Em que segmentos haverá mais oportunidades?
Embora se verifique um aumento das unidades hoteleiras, o sector hoteleiro continua por explorar, com 50% das estruturas de hotelaria já existentes a precisarem de ser reabilitadas e todo um mercado de novos projectos a implementar. Não obstante, começa a verificar-se já, em Luanda, uma saturação no segmento de luxo, pelo que, as maiores oportunidades de negócio, dentro do sector, encontram-se nas categorias de três e quatro estrelas. Trata-se de segmentos com bons índices de ocupação e em que a taxa de retorno entre o capital inicialmente investido (muitíssimo mais reduzido do que no segmento de luxo) a as receitas previsíveis (aproximadamente das do luxo) é mais vantajosa.
Considera que a banca angolana está disponível para conceder crédito para investimentos nesta área?
Não, a banca angolana não se encontra especialmente sensível para a concessão de crédito a projectos neste sector.
Os investidores portugueses têm vantagens face a outros investidores estrangeiros?
Não obstante o tratamento igualitário e indiferenciado que a LIP presta a todos os investidores privados, independentemente da nacionalidade ou país de origem, os investidores portugueses – que continuam ainda a representar uma das mais significativas fatias do bolo geral de investimento estrangeiro em Angola – naturalmente poderão usufruir nos negócios desenvolvidos dentro deste sector específico das vantagens decorrentes da ligação histórica entre Portugal e Angola.
Ainda há margem para crescer neste sector em termos de emprego?
Sim, sem dúvida.
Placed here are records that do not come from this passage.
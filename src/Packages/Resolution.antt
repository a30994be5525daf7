-- ===== src/Packages/Resolution.antt =====
-- What an FQBN resolves to (`ResolveFQBN` of package_manager.go, up to the platforms of the build).
use arduino_cli_android.Prelude.{
  List, some, ◌≡◌, Elem, refl, subst, ◌⊎◌, inl, inr, Option-cases, lookup, list_eq, nat_eq,
}
use arduino_cli_android.Strings.{Text, codes, split}
use arduino_cli_android.Properties.{PropertiesMap}
use arduino_cli_android.Fqbn.{Fqbn}
use arduino_cli_android.Packages.Boards.{
  Board, Built, built, empty_option, invalid_option, invalid_value, get_build_properties,
}
use arduino_cli_android.Packages.Options.{
  first_of, IsKnown, IsSettled, IsChosen, board_property, get_build_properties-all,
}
use arduino_cli_android.Packages.Installed.{IsNoBetter, installed-IsNoBetter}
use arduino_cli_android.Packages.Reference.{Found-cases, IsReferenced, determine-IsReferenced}
use arduino_cli_android.Packages.{
  Release, Package, referred, found, Referenced, determine_referenced_platform_release,
  get_installed_platform_release, resolved, resolve_reference, resolve_board, resolve_in_package,
  resolve_fqbn,
}

Built-cases :
    (P : PropertiesMap) (x : Built P)
    → ((m : P.Map) × (x ≡ built m))
      ⊎ ((x ≡ empty_option) ⊎ ((x ≡ invalid_option) ⊎ (x ≡ invalid_value)))
Built-cases P (built m) = inl (m, refl)
Built-cases P empty_option = inr (inl refl)
Built-cases P invalid_option = inr (inr (inl refl))
Built-cases P invalid_value = inr (inr (inr refl))

same_resolved :
    {M B : Type 0} {p p' : Package B} {r r' : Release B} {b b' : B} {m m' : M} {f f' : Referenced B}
    → resolved p r b m f ≡ resolved p' r' b' m' f'
    → (p ≡ p') × (r ≡ r') × (b ≡ b') × (m ≡ m') × (f ≡ f')
same_resolved h = (cc h, cc h, cc h, cc h, cc h)

module _ (P : PropertiesMap) (merge : P.Map → P.Map → P.Map) (expanded : P.Map → Text → Text)
    (upper : Text → Text) (packages : List (Text × Package (Board P))) (fqbn : Fqbn P) where
  -- Every step of the way to the board, its properties and its platforms.
  record Steps (p : Package (Board P)) (r : Release (Board P)) (b : Board P) (m : P.Map)
      (f : Referenced (Board P)) : Type 0 where
    releases : List (Release (Board P))
    vendor : lookup fqbn.vendor packages ≡ some p
    architecture : lookup fqbn.architecture p.platforms ≡ some releases
    installed : get_installed_platform_release releases ≡ some r
    board : lookup fqbn.board_id r.boards ≡ some b
    properties : get_build_properties P merge upper b fqbn ≡ built m
    platforms :
        determine_referenced_platform_release packages fqbn.architecture
          (expanded m (codes "build.core"))
          (expanded m (codes "build.variant"))
          r
        ≡ found f

  module _ (p : Package (Board P)) (r : Release (Board P)) (b : Board P) (m : P.Map)
      (f : Referenced (Board P)) where
    all-board :
        (p' : Package (Board P)) (releases : List (Release (Board P))) (r' : Release (Board P))
        (b' : Board P)
        → lookup fqbn.vendor packages ≡ some p'
        → lookup fqbn.architecture p'.platforms ≡ some releases
        → get_installed_platform_release releases ≡ some r'
        → lookup fqbn.board_id r'.boards ≡ some b'
        → resolve_board P merge expanded upper packages fqbn p' r' b' ≡ resolved p r b m f
        → Steps p r b m f
    unfolding resolve_board resolve_reference
    all-board p' releases r' b' v a i k h =
        elim (Built-cases P (get_build_properties P merge upper b' fqbn)) [
          | inr (inl e) ↦ let h' = rw (e, resolve_board) at h in cc h'
          | inr (inr (inl e)) ↦ let h' = rw (e, resolve_board) at h in cc h'
          | inr (inr (inr e)) ↦ let h' = rw (e, resolve_board) at h in cc h'
          | inl (m', e) ↦
              elim (Found-cases (
                determine_referenced_platform_release packages fqbn.architecture
                  (expanded m' (codes "build.core")) (expanded m' (codes "build.variant")) r')) [
                    | inl (err, q) ↦
                        let h' = rw (e, q, resolve_board, resolve_reference) at h in cc h'
                    | inr (f', q) ↦
                        let (p_eq, r_eq, b_eq, m_eq, f_eq) =
                          same_resolved (rw (e, q, resolve_board, resolve_reference) at h) in
                        let there : Steps p' r' b' m' f' = record {
                          releases = releases;
                          vendor = v;
                          architecture = a;
                          installed = i;
                          board = k;
                          properties = e;
                          platforms = q;
                        } in
                        subst (λ x. Steps x r b m f) p_eq
                          (subst (λ x. Steps p' x b m f) r_eq
                            (subst (λ x. Steps p' r' x m f) b_eq
                              (subst (λ x. Steps p' r' b' x f) m_eq
                                (subst (λ x. Steps p' r' b' m' x) f_eq there))))
                  ]
        ]

    all-resolved :
        resolve_fqbn P merge expanded upper packages fqbn ≡ resolved p r b m f → Steps p r b m f
    unfolding resolve_fqbn resolve_in_package
    all-resolved h = elim (Option-cases (lookup fqbn.vendor packages)) [
      | inl v ↦ let h' = rw (v, resolve_fqbn) at h in cc h'
      | inr (p', v) ↦ elim (Option-cases (lookup fqbn.architecture p'.platforms)) [
        | inl a ↦ let h' = rw (v, a, resolve_fqbn, resolve_in_package) at h in cc h'
        | inr (releases, a) ↦ elim (Option-cases (get_installed_platform_release releases)) [
          | inl i ↦ let h' = rw (v, a, i, resolve_fqbn, resolve_in_package) at h in cc h'
          | inr (r', i) ↦ elim (Option-cases (lookup fqbn.board_id r'.boards)) [
            | inl k ↦ let h' = rw (v, a, i, k, resolve_fqbn, resolve_in_package) at h in cc h'
            | inr (b', k) ↦
                all-board p' releases r' b' v a i k
                  (rw (v, a, i, k, resolve_fqbn, resolve_in_package) at h)
          ]
        ]
      ]
    ]

  -- The package of the vendor, an installed release of the architecture that no other is better than, its board of
  -- the name, the properties that the options give it, and the platforms that they refer to.
  pub record IsResolution (p : Package (Board P)) (r : Release (Board P)) (b : Board P) (m : P.Map)
      (f : Referenced (Board P)) : Type 0 where
    pub releases : List (Release (Board P))
    pub vendor : lookup fqbn.vendor packages ≡ some p
    pub architecture : lookup fqbn.architecture p.platforms ≡ some releases
    pub installed : Elem r releases
    pub best : (other : Release (Board P)) → Elem other releases → IsNoBetter other r
    pub board : lookup fqbn.board_id r.boards ≡ some b
    pub known : (x : Text × Text) → IsChosen P b upper fqbn x → IsKnown P b x
    pub settled :
        (key : Text)
        → IsSettled P b (IsChosen P b upper fqbn) (board_property P b upper fqbn key) m key
    pub platforms :
        IsReferenced packages fqbn.architecture r
          (referred (split b':' (expanded m (codes "build.core"))))
          (referred (split b':' (expanded m (codes "build.variant"))))
          f

  -- Where an FQBN is resolved, the package is that of its vendor, the release is an installed one of its architecture
  -- that no other is better than, and the board is the one of its name in that release. Every option of the
  -- FQBN, and of the defaults of the board where the FQBN has none, is one of the board with a value that it
  -- knows. A build property has the value of such an option that gives it one; otherwise build.fqbn is the FQBN,
  -- build.arch the architecture in upper case, and the others are those of the board. The platforms are
  -- those that build.core and build.variant name. `Merge` of the package of properties lets the second
  -- map win.
  pub resolve_fqbn-IsResolution :
      (merge_law : (m n : P.Map) (k : Text)
        → P.get_ok (merge m n) k ≡ first_of (P.get_ok n k) (P.get_ok m k))
      (p : Package (Board P)) (r : Release (Board P)) (b : Board P) (m : P.Map)
      (f : Referenced (Board P))
      → resolve_fqbn P merge expanded upper packages fqbn ≡ resolved p r b m f
      → IsResolution p r b m f
  resolve_fqbn-IsResolution merge_law p r b m f h =
      let s = all-resolved p r b m f h in
      let (there, best) = installed-IsNoBetter s.releases r s.installed in
      let (known, settled) =
        get_build_properties-all P b merge merge_law upper fqbn m s.properties in
      record {
        releases = s.releases;
        vendor = s.vendor;
        architecture = s.architecture;
        installed = there;
        best = best;
        board = s.board;
        known = known;
        settled = settled;
        platforms =
            determine-IsReferenced packages fqbn.architecture r (expanded m (codes "build.core"))
              (expanded m (codes "build.variant")) f s.platforms;
      }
Angola apresenta um enorme potencial a nível de capital humano, que pode e deve ser desenvolvido no âmbito dos projectos de investimento estrangeiro. Tal consubstancia-se ainda nas exigências legais, dentro do quadro geral de investimentos do país, precisamente no sentido da criação de postos de trabalho, recrutamento e formação de mão-de-obra e quadros nacionais. Nestes termos, quanto maior o impacto social e económico previsível do projecto (o que é medido, entre outros factores, pela criação de emprego), maiores as probabilidades de o projecto usufruir de isenções e facilidades de longo prazo.
Já existe formação adequada no país para qualificar quadros e outros profissionais que queiram fazer carreira nesta área?
O sistema de ensino, dentro do contexto geral do país em termos de desenvolvimento, encontra-se ainda a dar os primeiros passos rumo aos standards de uma educação de qualidade, pelo que, actualmente, pode-se afirmar que a formação de quadros na área hoteleira ainda não é suficiente nem a mais adequada, tratando-se, assim, de mais um ramo em que a qualidade poderá crescer de mãos dadas com o investimento.